録画配信後、質疑応答と意見交換が行われた。

次回は3月12日(土)15:15から17:00まで @全労会館

【法務省法制審議会・家族法制部会への勧告 6】

2022年3月3日

法務大臣 古川 禎久 様
法務省法制審議会 家族法制部会 部会長 大村敦志 様
法務省法制審議会 家族法制部会 委員の皆様

          任意団体 手づくり民法・法制審議会(担当・宗像 充)

私たちは、離婚と子どもに関する法的問題について議論をしている団体です。常任メン
バーには、子どもと不当に引き離された経験を持つ親が多いですが、法制審議会と平行し
て、市民の視点からの独自の議論を継続的に行っています。
2022年2月12日に当団体で、法務省法制審議会第8回の議論をもとに、第6回「
やり直し法制審」の議論をインターネット配信しました(共同親権運動チャンネル・羽田ゆきまさ報道局)のでどうかご覧ください(「共同親権運動・国家賠償請求訴訟を進める会」のサイトで議事録も公開しています)。

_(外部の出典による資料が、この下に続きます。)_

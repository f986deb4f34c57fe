-- ===== src/Generics/Instantiated.antt =====
-- What a call of a generic function (Compiler/generics.cpp) does to the instances.
use noe_code.Prelude.{
  In, ◌≡◌, ◌⊎◌, refl, sym, ap, subst, ◌∙◌, inl, inr, true, false, List, [], ◌∷◌, ◌++◌, some, Text,
  find_text, map, All, All-append, All-mono,
}
use mathlib.Core.List.{append-nil}
use noe_code.Ast.{Expr, Stmts, Parameter, FunctionDecl}
use noe_code.Generics.Bind.{Bindings}
use noe_code.Generics.Instances.{name_suffix}
use noe_code.Generics.Bare.{bare_callee, bare_stmts}
use noe_code.Generics.State.{Monomorphizer, is_generic}
use noe_code.Generics.Calls.{Env, Called, plain_callee, substitute_annotation, substitute_stmts}
use noe_code.Generics.Ensured.{Appended, Appended-trans, IsEnsured, IsEnsured-refl}

abbrev pub names : List FunctionDecl → List Text
names fs = map (λ (f : FunctionDecl). f.name) fs

-- A parameter of a copy.
abbrev pub copied : Bindings → Parameter → Parameter
copied b p = record p { annotation = substitute_annotation b p.annotation }

-- `g` is a copy of `f` in which the parameters of `f` are what `bindings` says: it is not generic, and
-- its parameters, its result and its body are those of `f` with the types put in, but for the names
-- of the callees in the body.
pub record IsCopy (f g : FunctionDecl) : Type 0 where
  pub bindings : Bindings
  pub named : g.name ≡ f.name ++ name_suffix f.generic_params bindings
  pub concrete : is_generic g.generic_params ≡ false
  pub params : g.params ≡ map (copied bindings) f.params
  pub result : g.return_type ≡ substitute_annotation bindings f.return_type
  pub body : bare_stmts g.body ≡ bare_stmts (substitute_stmts bindings f.body)

-- A copy of a generic function of the list.
pub record IsInstanceOf (functions : List (Text × FunctionDecl)) (g : FunctionDecl) : Type 0 where
  pub template : FunctionDecl
  pub called : Text
  pub found : find_text functions called ≡ some template
  pub generic : is_generic template.generic_params ≡ true
  pub copy : IsCopy template g

-- Every instance is a copy of a generic function.
abbrev pub AreInstances : Monomorphizer → Type 0
AreInstances m = All (IsInstanceOf m.functions) m.instances

-- Every name that the cache gives is that of an instance.
abbrev pub IsCached : Monomorphizer → Type 0
IsCached m = All (λ (p : Text × Text). In p.1 (names m.instances)) m.cache

-- The functions stay, and the instances are the same with more behind them, which are copies of
-- generic functions if those before are; every name in the cache is that of an instance if each was,
-- and no diagnostic is lost.
pub record IsInstanced (m n : Monomorphizer) : Type 0 where
  pub functions : n.functions ≡ m.functions
  pub kept : Appended m.instances n.instances
  pub copies : AreInstances m → AreInstances n
  pub cached : IsCached m → IsCached n
  pub reports : Appended m.diagnostics n.diagnostics

pub IsInstanced-trans :
    {m n k : Monomorphizer} → IsInstanced m n → IsInstanced n k → IsInstanced m k
IsInstanced-trans {m} {n} {k} p q = record {
  functions = q.functions ∙ p.functions;
  kept = Appended-trans m.instances n.instances k.instances p.kept q.kept;
  copies = λ h. q.copies (p.copies h);
  cached = λ h. q.cached (p.cached h);
  reports = Appended-trans m.diagnostics n.diagnostics k.diagnostics p.reports q.reports;
}

-- The same functions, instances and cache, and more diagnostics.
pub reported-IsInstanced :
    {m n : Monomorphizer}
    → n.functions ≡ m.functions
    → n.cache ≡ m.cache
    → n.instances ≡ m.instances
    → Appended m.diagnostics n.diagnostics
    → IsInstanced m n
reported-IsInstanced {m} {n} f c i r = record {
  functions = f;
  kept = ([], i ∙ sym (append-nil m.instances));
  copies = λ h.
      subst (λ (fs : List (Text × FunctionDecl)). All (IsInstanceOf fs) n.instances) (sym f)
        (subst (λ (gs : List FunctionDecl). All (IsInstanceOf m.functions) gs) (sym i) h);
  cached = λ h.
      subst (λ (fs : List FunctionDecl). All (λ (p : Text × Text). In p.1 (names fs)) n.cache)
        (sym i)
        (subst (λ (l : List (Text × Text)). All (λ (p : Text × Text). In p.1 (names m.instances)) l)
          (sym c) h);
  reports = r;
}

pub IsEnsured-IsInstanced : {m n : Monomorphizer} → IsEnsured m n → IsInstanced m n
IsEnsured-IsInstanced e = reported-IsInstanced e.functions e.cache e.instances e.reports

pub IsInstanced-refl : (m : Monomorphizer) → IsInstanced m m
IsInstanced-refl m = IsEnsured-IsInstanced (IsEnsured-refl m)

-- What a call does: the state, and a callee that is that of the source but for its name, which is
-- that of the source or of an instance.
abbrev pub IsCall : Expr → Monomorphizer → Called → Type 0
IsCall callee m c =
    IsInstanced m c.state
    × (bare_callee c.callee ≡ bare_callee callee)
    × (IsCached m → (c.callee ≡ callee) ⊎ In (plain_callee c.callee) (names c.state.instances))

-- A walk over a body that makes instances, and leaves the body but for the names of callees.
pub record Instances (process : Stmts → Env → Monomorphizer → Stmts × Monomorphizer) : Type 0 where
  pub state : (s : Stmts) (env : Env) (m : Monomorphizer) → IsInstanced m (process s env m).1
  pub body :
      (s : Stmts) (env : Env) (m : Monomorphizer) → bare_stmts (process s env m).0 ≡ bare_stmts s

In-left : (x : Text) (xs zs : List Text) → In x xs → In x (xs ++ zs)
In-left x [] zs h = absurd h
In-left x (y ∷ xs) zs (inl e) = inl e
In-left x (y ∷ xs) zs (inr h) = inr (In-left x xs zs h)

pub In-right : (x : Text) (xs zs : List Text) → In x zs → In x (xs ++ zs)
In-right x [] zs h = h
In-right x (y ∷ xs) zs h = inr (In-right x xs zs h)

pub names-append : (fs gs : List FunctionDecl) → names (fs ++ gs) ≡ names fs ++ names gs
names-append [] gs = refl
names-append (f ∷ fs) gs = ap (λ (l : List Text). f.name ∷ l) (names-append fs gs)

pub In-appended :
    (x : Text) (fs gs : List FunctionDecl) → Appended fs gs → In x (names fs) → In x (names gs)
In-appended x fs gs (zs, e) h =
    subst (In x) (sym (ap names e ∙ names-append fs zs)) (In-left x (names fs) (names zs) h)

pub In-last :
    (x : Text) (fs : List FunctionDecl) (f : FunctionDecl)
    → f.name ≡ x
    → In x (names (fs ++ (f ∷ [])))
In-last x fs f e =
    subst (In x) (sym (names-append fs (f ∷ []))) (In-right x (names fs) (f.name ∷ []) (inl e))

-- An instance that is put behind the others, and its name in the cache.
pub pushed-IsInstanced :
    (m n : Monomorphizer) (key : Text) (g : FunctionDecl)
    → IsInstanceOf m.functions g
    → n.functions ≡ m.functions
    → n.cache ≡ (key, g.name) ∷ m.cache
    → n.instances ≡ m.instances
    → Appended m.diagnostics n.diagnostics
    → IsInstanced m (record n { instances = n.instances ++ (g ∷ []) })
pushed-IsInstanced m n key g h s c i r =
    let grown : n.instances ++ (g ∷ []) ≡ m.instances ++ (g ∷ []) =
      ap (λ (l : List FunctionDecl). l ++ (g ∷ [])) i in
    let all : All (IsInstanceOf m.functions) m.instances
        → All (IsInstanceOf m.functions) (n.instances ++ (g ∷ [])) =
      λ k.
        subst (λ (l : List FunctionDecl). All (IsInstanceOf m.functions) l) (sym grown)
          (All-append (IsInstanceOf m.functions) m.instances (g ∷ []) k (h, tt)) in
    record {
      functions = s;
      kept = (g ∷ [], grown);
      copies = λ k.
          subst
            (λ (fs : List (Text × FunctionDecl)). All (IsInstanceOf fs) (n.instances ++ (g ∷ [])))
            (sym s) (all k);
      cached = λ k.
          subst
            (λ (l : List (Text × Text)).
              All (λ (p : Text × Text). In p.1 (names (n.instances ++ (g ∷ [])))) l)
            (sym c)
            (
              In-last g.name n.instances g refl,
              All-mono m.cache
                  (λ p q. In-appended p.1 m.instances (n.instances ++ (g ∷ [])) (g ∷ [], grown) q)
                  k,
            );
      reports = r;
    }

「法制審議会家族法制部会・やり直し法制審」(2021年 10~12月分)
https://www.youtube.com/watch?v=wfv_T-g4QzM
https://www.youtube.com/watch?v=7-Al2146qDY&t=6s
https://www.youtube.com/watch?v=qdsn7z1MYP0&t=87s

法務大臣の民法法制審議会の諮問事項は「父母の離婚に伴う子の養育への深刻な影響や子の養育の在り方の多様化等の社会情勢に鑑み、子の利益の確保等の観点から、離婚及びこれに関連する制度に関連する制度に関する規定等を見直す必要があると思われるので、その要綱を示されたい。」ということです。
 そこで、当団体での議論を踏まえ、法制審議会での議論の推移について、以下の点を指
摘し、法制審議会における議論への反映を強く求め、勧告いたします。

【勧告1】
「子どもを産んだ生物学上の父母が、仮に離婚や子との別離を経たとしても、原則として父母の子を養育する権利・義務が損なわれてはならない」、という点について議論してください。第1回~8回(10月19日開催)までの議事録を確認しておりますが、この点について、根本的に議論された形跡は一度もありません。この議論をせずに、子の養育についての話し合いをしても、不毛とあると言わざるを得ません。

【勧告2】
単独親権制度のため、子どもの素直な意見表明が担保できない実情に目を向けてください。
子どもは、同居親のみに事実上の生存権を握られている中で、別居親への慕情を安心して表明できるとお思いですか。誰にも抑圧されない、子どもの本音を聞き取る方法が必要で、そのための最初の1歩が共同親権に移行することです。

【勧告3】
法制審議会では、離婚後の子の養育について、各論に対する議論の集積によって養育問題の全体をまとめようとしていますが、これまでの会議において、子の養育という問題は、親権制度に触れずには法改正に向けた議論に展開していかないことが、既に一部の心ある委員の中では意識されています。すぐに、親権制度についての議論を始めてください。

この勧告書は請願法に基づき、委員会審議時に各委員に配布回覧してください。